Ich versuche, mit nur einer hand zu tippen. Irgendwie habe ich die linke hand überansprucht, daher gab es letztens nur bilder und lange keinen text oder rezepte. Und ich werde auf die großschreibung verzichten.
Mit dem thema müll habe ich mich noch weiter beschäftigt, auch einen artikel in der zeit dazu gelesen. “unser” müll ist eben nicht weg, sondern nur fort, in marokko ist er sichtbar. Wer sich für mehr dazu interessiert, hier der Artikel.
Samstag sind wir in Essaouria, eine bunte stadt, groß geworden durch die hippiezeit 1967. wir schlendern relativ früh durch die straßen, finden ein nettes cafe zum frühstück.
Ab jetzt schreibe ich -Eckhard weiter. Christiane macht dabei Frühstück.

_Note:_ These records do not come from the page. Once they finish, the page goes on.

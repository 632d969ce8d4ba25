-- ===== src/GateB/Owners.antt =====
-- Gate B gives each written path to one slice id.
use ao_operator.Base.{
  ℕ, ◌+◌, ◌≡◌, refl, ap, ◌∙◌, Bool, true, false, Option, none, some, List, [], ◌∷◌, ◌++◌,
  if◌then◌else◌, all, arith, Bool-cases, inl, inr,
}
use ao_operator.Base.Empty.{is_empty}
use ao_operator.Text.{Text, teq, teq→eq, teq_refl, teq_iff}
use ao_operator.Dict.{Dict, get, get-set}
use ao_operator.GateB.Paths.{concrete_path, normalize_slice_list}
use ao_operator.GateB.Slices.{
  RawSlice, NormalSlice, slice_id_of, is_taken, owner_after, write_errors, claim_writes,
  validate_from, validate_partition_slices, normal_slice, field_errors,
}

abbrev pub owned_by : Text → Option Text → Bool
owned_by id none = false
owned_by id (some previous) = teq previous id

-- The path is written by a slice of the id only.
abbrev pub is_owned : Dict Text → Text → Text → Bool
is_owned owner id path = owned_by id (get path owner)

pub append-nil_parts {ℓ} : {A : Type ℓ} (xs ys : List A) → xs ++ ys ≡ [] → (xs ≡ []) × (ys ≡ [])
append-nil_parts [] ys h = (refl, h)
append-nil_parts (x ∷ xs) ys h = absurd (ground arith)

slice_id_of-given : (index : ℕ) (item : RawSlice) → is_empty (slice_id_of index item) ≡ false
unfolding slice_id_of
slice_id_of-given index item = ground arith

not_taken :
    (slice_id raw path : Text) (o : Option Text)
    → write_errors slice_id raw path o ≡ []
    → (is_empty path ≡ false) × (is_taken slice_id o ≡ false)
not_taken slice_id raw path o e = (ground arith, ground arith)

same_owner :
    (slice_id id : Text) (o : Option Text)
    → is_empty id ≡ false
    → is_taken slice_id o ≡ false
    → owned_by id o ≡ true
    → teq slice_id id ≡ true
same_owner slice_id id none n free h = absurd (ground arith)
same_owner slice_id id (some previous) n free h =
    let e : previous ≡ id = teq→eq previous id h in
    ground (arith, e, ap is_empty e, teq_iff previous slice_id, teq_iff slice_id id)

all-unless {ℓ} :
    {A : Type ℓ} (p : A → Bool) (b : Bool) (x : A) (l : List A)
    → b ≡ false
    → p x ≡ true
    → all p l ≡ true
    → all p (if b then l else x ∷ l) ≡ true
all-unless p b x l h k m = ground arith

owner_after-owned :
    (slice_id raw path : Text) (owner : Dict Text) (id p : Text)
    → is_empty id ≡ false
    → write_errors slice_id raw path (get path owner) ≡ []
    → is_owned owner id p ≡ true
    → is_owned (owner_after slice_id path owner) id p ≡ true
owner_after-owned slice_id raw path owner id p n e h = elim (Bool-cases (teq path p)) [
  | inr other ↦ ground (arith, get-set path p slice_id owner)
  | inl same ↦
      let free : (is_empty path ≡ false) × (is_taken slice_id (get path owner) ≡ false) =
        not_taken slice_id raw path (get path owner) e in
      let there : owned_by id (get path owner) ≡ true =
        ap (λ q. is_owned owner id q) (teq→eq path p same) ∙ h in
      let mine = same_owner slice_id id (get path owner) n free.1 there in
      rw (free.0, free.1, get-set path p slice_id owner, same) mine
]

-- A claim without an error leaves every path with its owner.
claim_writes_keeps :
    (slice_id : Text) (owner : Dict Text) (writes : List Text) (id p : Text)
    → (claim_writes slice_id owner writes).errors ≡ []
    → is_empty id ≡ false
    → is_owned owner id p ≡ true
    → is_owned (claim_writes slice_id owner writes).owner id p ≡ true
unfolding claim_writes
claim_writes_keeps slice_id owner [] id p e n h = h
claim_writes_keeps slice_id owner (raw ∷ writes) id p e n h =
    let path = concrete_path raw in
    let (here, there) = append-nil_parts (write_errors slice_id raw path (get path owner)) _ e in
    claim_writes_keeps slice_id (owner_after slice_id path owner) writes id p there n
      (owner_after-owned slice_id raw path owner id p n here h)

owner_after-owns :
    (slice_id raw path : Text) (owner : Dict Text)
    → write_errors slice_id raw path (get path owner) ≡ []
    → (is_empty path ≡ false) × (is_owned (owner_after slice_id path owner) slice_id path ≡ true)
owner_after-owns slice_id raw path owner e = (
  ground arith,
  ground (arith, get-set path path slice_id owner, teq_refl path, teq_refl slice_id),
)

-- A claim without an error owns all its paths.
claim_writes_owns :
    (slice_id : Text) (owner : Dict Text) (writes : List Text)
    → (claim_writes slice_id owner writes).errors ≡ []
    → is_empty slice_id ≡ false
    → all
        (is_owned (claim_writes slice_id owner writes).owner slice_id)
        (claim_writes slice_id owner writes).paths
      ≡ true
unfolding claim_writes
claim_writes_owns slice_id owner [] e n = refl
claim_writes_owns slice_id owner (raw ∷ writes) e n =
    let path = concrete_path raw in
    let (here, there) = append-nil_parts (write_errors slice_id raw path (get path owner)) _ e in
    let (some_path, owned) = owner_after-owns slice_id raw path owner here in
    let next = owner_after slice_id path owner in
    let rest = claim_writes slice_id next writes in
    all-unless (is_owned rest.owner slice_id) (is_empty path) path rest.paths some_path
      (claim_writes_keeps slice_id next writes slice_id path there n owned)
      (claim_writes_owns slice_id next writes there n)

-- The owners at the end of the loop.
unfoldable owners_of : Text → ℕ → Dict Text → List RawSlice → Dict Text
owners_of slug index owner [] = owner
owners_of slug index owner (item ∷ items) =
    owners_of slug (index + 1)
      (claim_writes (slice_id_of index item) owner (normalize_slice_list slug item.writes)).owner
      items

module _ (slug : Text) where
  from_parts :
      (index : ℕ) (owner : Dict Text) (item : RawSlice) (items : List RawSlice)
      → (validate_from slug index owner (item ∷ items)).errors ≡ []
      → ((claim_writes
            (slice_id_of index item)
            owner
            (normalize_slice_list slug item.writes)).errors
          ≡ [])
        × ((validate_from slug
              (index + 1)
              (claim_writes
                (slice_id_of index item)
                owner
                (normalize_slice_list slug item.writes)).owner
              items).errors
            ≡ [])
  unfolding validate_from
  from_parts index owner item items h =
      append-nil_parts _ _ (append-nil_parts (field_errors slug index item) _ h).1

  owners_of_keeps :
      (index : ℕ) (owner : Dict Text) (items : List RawSlice) (id p : Text)
      → (validate_from slug index owner items).errors ≡ []
      → is_empty id ≡ false
      → is_owned owner id p ≡ true
      → is_owned (owners_of slug index owner items) id p ≡ true
  unfolding owners_of
  owners_of_keeps index owner [] id p e n h = h
  owners_of_keeps index owner (item ∷ items) id p e n h =
      let (here, there) = from_parts index owner item items e in
      owners_of_keeps (index + 1) _ items id p there n (
        claim_writes_keeps (slice_id_of index item) owner (normalize_slice_list slug item.writes) id
          p here n h)

  owners_all :
      (index : ℕ) (owner : Dict Text) (items : List RawSlice) (id : Text) (paths : List Text)
      → (validate_from slug index owner items).errors ≡ []
      → is_empty id ≡ false
      → all (is_owned owner id) paths ≡ true
      → all (is_owned (owners_of slug index owner items) id) paths ≡ true
  owners_all index owner items id [] e n h = refl
  owners_all index owner items id (p ∷ paths) e n h =
      let here : is_owned owner id p ≡ true = ground (arith, h) in
      let there : all (is_owned owner id) paths ≡ true = ground (arith, h) in
      ground (
        arith,
        owners_of_keeps index owner items id p e n here,
        owners_all index owner items id paths e n there,
      )

  -- The slice writes nothing but paths that are assigned to its id.
  abbrev pub writes_owned : Dict Text → NormalSlice → Bool
  writes_owned owner s = all (is_owned owner s.id) s.writes

  validate_from-owned :
      (index : ℕ) (owner : Dict Text) (items : List RawSlice)
      → (validate_from slug index owner items).errors ≡ []
      → all
          (writes_owned (owners_of slug index owner items))
          (validate_from slug index owner items).slices
        ≡ true
  unfolding validate_from owners_of normal_slice
  validate_from-owned index owner [] e = refl
  validate_from-owned index owner (item ∷ items) e =
      let (here, there) = from_parts index owner item items (unfold validate_from in e) in
      let id = slice_id_of index item in
      let claimed = claim_writes id owner (normalize_slice_list slug item.writes) in
      let n = slice_id_of-given index item in
      ground (
        arith,
        owners_all (index + 1) claimed.owner items id claimed.paths there n
            (claim_writes_owns id owner (normalize_slice_list slug item.writes) here n),
        validate_from-owned (index + 1) claimed.owner items there,
      )

-- Where the partition has no error, each path has one slice id that it is assigned to, and every slice
-- writes only paths that are assigned to its own id.
pub validate_partition_slices-owned :
    (slug : Text) (raw_slices : List RawSlice)
    → (validate_partition_slices slug raw_slices).errors ≡ []
    → (owner : Dict Text) × (all
          (writes_owned slug owner)
          (validate_partition_slices slug raw_slices).slices
        ≡ true)
unfolding validate_partition_slices
validate_partition_slices-owned slug raw_slices h =
    (owners_of slug 1 [] raw_slices, validate_from-owned slug 1 [] raw_slices h)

Das war es dann dort aber schon für uns. Vielleicht, weil unsere Hippie-Zeit schon hinter uns liegt. Also das Gefühl: Ja, schön hier und ganz bunt – aber was sollen wir hier?
Wir fahren noch Einkaufen:
nein die haben wir nicht gekauft – und dann geht es weiter Richtung Marrakesch. Kurzer Zwischenstopp auf einem Parkplatz in Chichaoua. Es bleibt noch Zeit im Hellen bis Marrakesch zu kommen. Allerdings habe ich, Eckhard, keine Geduld die nicht sofort ersichtliche Parkplatzausfahrt zu suchen und ignoriere ein „Durchfahrt Verboten“ Schild. Nach wenigen Metern hält uns ein freundlicher Polizist an. Es gibt leichte Verständigungsschwierigkeiten, da er andere Worte auf französisch nutzt als ich erwarte … . Nachdem er dann meinen Führerschein hat, gebe ich zu, dass ich falsch gehandelt habe. Dann kommt sein Vorgesetzter und zeigt mir seinen roten Block mit Strafzetteln und ich soll umgerechnet 40€ zahlen. Da wir aber nur noch 5€ in marokkanischer Währung parat haben geht der „Chef“ irgendwo hin um zu veranlassen, dass wir mit Kreditkarte zahlen können. Derweil entspinnt sich ein reges Geplauder mit dem ersten Polizisten, der nächstes Jahr zum Urlaub nach Deutschland reisen will.
Er sagt, wenn es nach ihm ginge dürften wir weiter fahren, aber der Chef will nicht. Und der Chef will auch scheinbar nicht von den 40€ runter gehen. Wir glauben ganz fest daran, dass wir kein Geld bezahlen müssen. Es scheint sehr kompliziert zu sein, die Strafe mit Kreditkarte zu bezahlen. Unsere Geduld ist gefragt. Immer schön locker bleiben. Als ich dann einen 20€ Schein heraushole hat der Chef aus der Ferne wohl doch ein Einsehen und wir dürfen die 20€ behalten. Dann macht der Polizist noch ein Spielchen mit uns: Wir dürfen erst weiter fahren, wenn wir beide barak allahu fiik, was wir von ali gelernt hatten, richtig aussprechen können – heißt „Gott segne dich“. Eckhard ist sehr schnell, aber Christiane verfällt prompt in einen Prüfungsstreß. Der Polizist lacht sich schlapp und lässt uns mit einem “welcome to maroc” weiterfahren.
Die landschaft wird immer wüstenähnlicher. Auch sehen wir die ziegen in den bäumen, als wir anhalten wollen, um zu fotografieren, sehen wir, dass männer neben den baum sitzen und aufstehen wollen, um dafür geld zu bekommen. Wir sind nicht sicher, ob die ziegen auch von alleine in die bäume geklettert wären! So gibt es nur ein vorbeifahrbild.



Als stellplatz für marokko haben wir uns die familie schatz ausgesucht, ein deutsch/marokkanisches ehepaar, die seit vielen jahren Marokko-reisen betreibt und auch einen stellplatz mit einem “schloss”. Hier ihre Seite, wenn es euch interessiert. Wir verbringen einen interessanten abend mit reinhard, der viel zu erzählen hat. 30 jahre marokko-erfahrung. Und als besonderen service bekommt jedes wohnmobil jeden morgen frische brötchen. So starten wir in einen entspannten sonntag!




Hallo Ihr beiden,
die Ziegen in den Bäumen haben wir bei unserer Marokkoreise auch gesehen. Diese halten sich aber nur in den Arganbäumen auf. Allerdings versuchen die Bauern daraus auch Profit zu machen. Wir konnten sie ohne Bauern fotografieren.
https://www.arganoel360.info/arganbaum-ziegen.html
Und ein Gericht aus einer Tajine hatten wir auch öfter gegessen.